• Provided data
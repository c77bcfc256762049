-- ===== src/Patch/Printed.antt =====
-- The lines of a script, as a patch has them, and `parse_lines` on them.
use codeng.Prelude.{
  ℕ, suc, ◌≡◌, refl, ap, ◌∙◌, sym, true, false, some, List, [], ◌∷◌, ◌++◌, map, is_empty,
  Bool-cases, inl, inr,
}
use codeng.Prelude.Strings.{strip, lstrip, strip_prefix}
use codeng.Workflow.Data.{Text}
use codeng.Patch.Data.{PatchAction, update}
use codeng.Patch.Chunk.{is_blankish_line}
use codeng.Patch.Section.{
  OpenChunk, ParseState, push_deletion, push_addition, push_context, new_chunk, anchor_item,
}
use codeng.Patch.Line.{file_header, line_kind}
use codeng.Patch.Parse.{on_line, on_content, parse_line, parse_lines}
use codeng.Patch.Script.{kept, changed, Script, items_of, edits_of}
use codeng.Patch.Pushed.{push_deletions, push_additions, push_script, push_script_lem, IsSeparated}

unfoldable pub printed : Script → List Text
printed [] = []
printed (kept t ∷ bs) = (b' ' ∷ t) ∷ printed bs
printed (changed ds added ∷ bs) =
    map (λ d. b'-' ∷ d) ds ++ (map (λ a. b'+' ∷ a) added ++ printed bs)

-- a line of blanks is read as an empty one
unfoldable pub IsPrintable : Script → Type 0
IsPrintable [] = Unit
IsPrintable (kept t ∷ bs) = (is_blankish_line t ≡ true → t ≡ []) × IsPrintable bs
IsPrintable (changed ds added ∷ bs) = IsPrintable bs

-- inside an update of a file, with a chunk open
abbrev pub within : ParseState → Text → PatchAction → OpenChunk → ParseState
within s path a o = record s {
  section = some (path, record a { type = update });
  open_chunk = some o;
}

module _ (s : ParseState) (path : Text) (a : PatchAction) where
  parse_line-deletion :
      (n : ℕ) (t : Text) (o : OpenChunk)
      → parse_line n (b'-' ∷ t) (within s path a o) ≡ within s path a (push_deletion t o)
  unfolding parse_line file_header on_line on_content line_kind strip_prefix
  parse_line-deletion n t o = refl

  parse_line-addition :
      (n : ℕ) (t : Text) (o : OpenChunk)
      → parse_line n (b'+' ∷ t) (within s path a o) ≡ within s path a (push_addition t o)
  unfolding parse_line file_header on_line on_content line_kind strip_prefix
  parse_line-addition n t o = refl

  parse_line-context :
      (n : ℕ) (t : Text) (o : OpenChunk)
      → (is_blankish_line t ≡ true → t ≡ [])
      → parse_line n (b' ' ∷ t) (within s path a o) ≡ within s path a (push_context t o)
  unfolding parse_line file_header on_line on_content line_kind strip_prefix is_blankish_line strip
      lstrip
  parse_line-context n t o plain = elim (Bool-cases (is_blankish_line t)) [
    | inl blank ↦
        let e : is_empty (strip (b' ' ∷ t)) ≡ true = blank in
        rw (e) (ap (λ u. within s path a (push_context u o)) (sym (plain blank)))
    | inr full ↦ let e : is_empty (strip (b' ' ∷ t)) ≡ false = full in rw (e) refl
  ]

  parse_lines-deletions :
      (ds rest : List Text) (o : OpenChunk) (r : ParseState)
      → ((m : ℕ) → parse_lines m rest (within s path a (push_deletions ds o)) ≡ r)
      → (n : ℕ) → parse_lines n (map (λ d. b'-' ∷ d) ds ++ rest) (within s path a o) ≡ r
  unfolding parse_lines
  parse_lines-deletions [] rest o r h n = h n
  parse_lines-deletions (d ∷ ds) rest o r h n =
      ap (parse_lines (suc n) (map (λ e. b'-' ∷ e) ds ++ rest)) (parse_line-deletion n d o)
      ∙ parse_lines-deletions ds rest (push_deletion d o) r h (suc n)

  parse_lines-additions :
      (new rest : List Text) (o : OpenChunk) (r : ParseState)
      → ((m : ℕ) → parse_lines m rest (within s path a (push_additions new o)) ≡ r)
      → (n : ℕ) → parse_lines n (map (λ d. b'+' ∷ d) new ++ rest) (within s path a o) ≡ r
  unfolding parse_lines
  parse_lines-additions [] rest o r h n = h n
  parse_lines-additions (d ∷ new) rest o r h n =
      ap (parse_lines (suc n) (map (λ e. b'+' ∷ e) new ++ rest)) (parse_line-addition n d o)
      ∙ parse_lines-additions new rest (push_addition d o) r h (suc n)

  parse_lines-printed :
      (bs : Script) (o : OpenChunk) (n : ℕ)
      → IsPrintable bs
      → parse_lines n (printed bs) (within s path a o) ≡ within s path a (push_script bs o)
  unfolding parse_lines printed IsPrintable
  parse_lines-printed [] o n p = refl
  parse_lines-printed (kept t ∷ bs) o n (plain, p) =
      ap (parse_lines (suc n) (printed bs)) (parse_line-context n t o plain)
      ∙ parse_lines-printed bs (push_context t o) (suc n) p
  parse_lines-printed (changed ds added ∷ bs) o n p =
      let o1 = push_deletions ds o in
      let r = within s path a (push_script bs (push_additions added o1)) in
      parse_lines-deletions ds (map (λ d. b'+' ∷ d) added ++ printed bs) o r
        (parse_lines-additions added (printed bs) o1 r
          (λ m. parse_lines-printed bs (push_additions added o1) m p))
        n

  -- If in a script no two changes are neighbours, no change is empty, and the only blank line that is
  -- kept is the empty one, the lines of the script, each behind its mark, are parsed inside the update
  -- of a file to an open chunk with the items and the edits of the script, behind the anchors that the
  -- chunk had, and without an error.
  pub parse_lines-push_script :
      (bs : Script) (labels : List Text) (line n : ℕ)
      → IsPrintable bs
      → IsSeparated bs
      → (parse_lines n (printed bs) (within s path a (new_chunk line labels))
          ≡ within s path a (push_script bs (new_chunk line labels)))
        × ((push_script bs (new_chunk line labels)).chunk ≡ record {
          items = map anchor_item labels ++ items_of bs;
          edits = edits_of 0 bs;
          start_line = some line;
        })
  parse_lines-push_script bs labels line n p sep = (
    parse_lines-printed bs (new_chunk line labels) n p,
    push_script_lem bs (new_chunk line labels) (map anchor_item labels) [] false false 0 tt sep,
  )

--

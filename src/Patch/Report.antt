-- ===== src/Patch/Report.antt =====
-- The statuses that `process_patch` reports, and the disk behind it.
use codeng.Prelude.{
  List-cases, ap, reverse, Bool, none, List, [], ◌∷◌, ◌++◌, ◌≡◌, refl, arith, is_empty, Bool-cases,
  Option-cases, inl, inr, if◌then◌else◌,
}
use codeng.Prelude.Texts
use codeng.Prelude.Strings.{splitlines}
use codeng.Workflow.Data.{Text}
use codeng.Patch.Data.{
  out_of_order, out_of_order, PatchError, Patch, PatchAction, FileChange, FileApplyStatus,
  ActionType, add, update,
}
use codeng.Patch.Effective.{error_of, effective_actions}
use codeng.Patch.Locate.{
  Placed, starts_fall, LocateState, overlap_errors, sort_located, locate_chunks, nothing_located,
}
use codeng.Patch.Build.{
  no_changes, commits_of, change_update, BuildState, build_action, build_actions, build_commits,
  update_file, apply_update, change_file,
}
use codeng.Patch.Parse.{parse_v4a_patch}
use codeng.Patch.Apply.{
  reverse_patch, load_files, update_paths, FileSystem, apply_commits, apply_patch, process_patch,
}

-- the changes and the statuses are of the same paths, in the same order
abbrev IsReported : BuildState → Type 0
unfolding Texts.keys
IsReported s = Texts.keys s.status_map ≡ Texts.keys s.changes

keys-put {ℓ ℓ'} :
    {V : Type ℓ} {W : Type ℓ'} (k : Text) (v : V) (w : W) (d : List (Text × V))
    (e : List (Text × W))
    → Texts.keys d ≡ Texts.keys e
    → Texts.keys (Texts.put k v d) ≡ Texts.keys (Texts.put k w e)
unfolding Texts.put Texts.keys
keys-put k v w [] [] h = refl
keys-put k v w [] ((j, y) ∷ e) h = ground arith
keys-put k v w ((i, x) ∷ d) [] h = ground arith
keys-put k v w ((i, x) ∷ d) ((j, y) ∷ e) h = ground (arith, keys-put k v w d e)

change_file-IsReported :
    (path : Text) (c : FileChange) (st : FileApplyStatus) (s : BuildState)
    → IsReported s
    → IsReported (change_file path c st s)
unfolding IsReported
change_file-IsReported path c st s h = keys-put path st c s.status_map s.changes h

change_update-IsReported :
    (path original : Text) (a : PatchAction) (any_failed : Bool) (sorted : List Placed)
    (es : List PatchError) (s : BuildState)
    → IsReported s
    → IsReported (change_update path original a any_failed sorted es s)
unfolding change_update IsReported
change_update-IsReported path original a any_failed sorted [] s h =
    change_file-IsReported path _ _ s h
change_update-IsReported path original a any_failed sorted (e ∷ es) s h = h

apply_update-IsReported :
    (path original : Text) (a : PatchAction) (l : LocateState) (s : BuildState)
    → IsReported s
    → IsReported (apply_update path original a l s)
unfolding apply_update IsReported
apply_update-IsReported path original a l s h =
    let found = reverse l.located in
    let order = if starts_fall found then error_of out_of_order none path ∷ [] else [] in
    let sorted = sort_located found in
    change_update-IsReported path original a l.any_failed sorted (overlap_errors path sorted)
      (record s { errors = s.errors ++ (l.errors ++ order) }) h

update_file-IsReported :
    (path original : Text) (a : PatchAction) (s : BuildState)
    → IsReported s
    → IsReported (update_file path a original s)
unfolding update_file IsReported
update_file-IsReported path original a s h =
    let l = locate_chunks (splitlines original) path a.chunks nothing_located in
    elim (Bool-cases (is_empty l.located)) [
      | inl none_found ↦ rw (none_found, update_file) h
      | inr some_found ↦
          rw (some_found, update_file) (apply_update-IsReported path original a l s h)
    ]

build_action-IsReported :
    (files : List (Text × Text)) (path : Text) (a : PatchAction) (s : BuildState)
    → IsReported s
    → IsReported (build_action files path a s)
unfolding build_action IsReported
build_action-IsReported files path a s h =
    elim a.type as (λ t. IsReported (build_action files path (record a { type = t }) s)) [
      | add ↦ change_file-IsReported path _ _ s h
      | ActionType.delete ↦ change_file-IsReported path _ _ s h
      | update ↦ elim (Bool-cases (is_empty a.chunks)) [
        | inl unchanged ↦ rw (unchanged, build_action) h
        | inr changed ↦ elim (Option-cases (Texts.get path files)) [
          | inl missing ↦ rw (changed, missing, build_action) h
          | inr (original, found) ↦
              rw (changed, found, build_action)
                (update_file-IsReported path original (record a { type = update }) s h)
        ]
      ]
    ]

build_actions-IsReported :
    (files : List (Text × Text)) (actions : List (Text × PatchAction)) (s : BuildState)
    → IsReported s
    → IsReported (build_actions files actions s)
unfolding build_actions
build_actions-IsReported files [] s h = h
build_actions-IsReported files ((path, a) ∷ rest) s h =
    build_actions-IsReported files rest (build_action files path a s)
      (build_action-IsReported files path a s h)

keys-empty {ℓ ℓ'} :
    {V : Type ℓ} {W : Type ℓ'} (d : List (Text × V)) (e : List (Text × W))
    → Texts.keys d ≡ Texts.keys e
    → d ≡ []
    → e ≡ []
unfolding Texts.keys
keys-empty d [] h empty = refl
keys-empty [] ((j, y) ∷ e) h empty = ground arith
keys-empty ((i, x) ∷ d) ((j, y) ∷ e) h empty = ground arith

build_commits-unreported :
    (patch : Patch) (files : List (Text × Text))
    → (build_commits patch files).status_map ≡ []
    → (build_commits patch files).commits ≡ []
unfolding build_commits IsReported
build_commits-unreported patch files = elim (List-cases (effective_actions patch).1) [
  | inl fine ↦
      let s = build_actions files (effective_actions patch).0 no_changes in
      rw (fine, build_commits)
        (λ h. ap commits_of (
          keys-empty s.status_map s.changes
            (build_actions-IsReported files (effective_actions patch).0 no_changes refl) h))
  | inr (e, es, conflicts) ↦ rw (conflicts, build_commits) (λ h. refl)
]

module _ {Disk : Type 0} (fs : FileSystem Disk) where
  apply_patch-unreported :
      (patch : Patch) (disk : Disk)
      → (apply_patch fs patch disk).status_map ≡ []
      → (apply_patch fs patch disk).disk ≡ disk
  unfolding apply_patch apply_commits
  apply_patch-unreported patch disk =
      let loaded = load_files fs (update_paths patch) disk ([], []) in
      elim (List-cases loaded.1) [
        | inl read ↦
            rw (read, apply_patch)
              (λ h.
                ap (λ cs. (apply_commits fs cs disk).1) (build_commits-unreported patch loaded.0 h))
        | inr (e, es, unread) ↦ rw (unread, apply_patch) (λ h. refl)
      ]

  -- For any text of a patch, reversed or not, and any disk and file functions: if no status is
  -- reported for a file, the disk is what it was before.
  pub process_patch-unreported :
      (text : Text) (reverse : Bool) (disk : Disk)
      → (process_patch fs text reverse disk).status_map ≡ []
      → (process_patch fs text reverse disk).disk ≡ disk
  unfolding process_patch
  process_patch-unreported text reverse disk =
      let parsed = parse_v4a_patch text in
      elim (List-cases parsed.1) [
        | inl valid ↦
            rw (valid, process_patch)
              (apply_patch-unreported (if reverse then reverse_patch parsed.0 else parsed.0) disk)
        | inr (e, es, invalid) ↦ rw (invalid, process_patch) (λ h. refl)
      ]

• Aim of the task
Scan the records above for the lines holding "parse_lines-deletions ds (map" and "-- of a file". Transcribe those two and every line between them word for word, and no others.

• Result
      parse_lines-deletions ds (map (λ d. b'+' ∷ d) added ++ printed bs) o r
        (parse_lines-additions added (printed bs) o1 r
          (λ m. parse_lines-printed bs (push_additions added o1) m p))
        n

  -- If in a script no two changes are neighbours, no change is empty, and the only blank line that is
  -- kept is the empty one, the lines of the script, each behind its mark, are parsed inside the update
  -- of a file to an open chunk with the items and the edits of the script, behind the anchors that the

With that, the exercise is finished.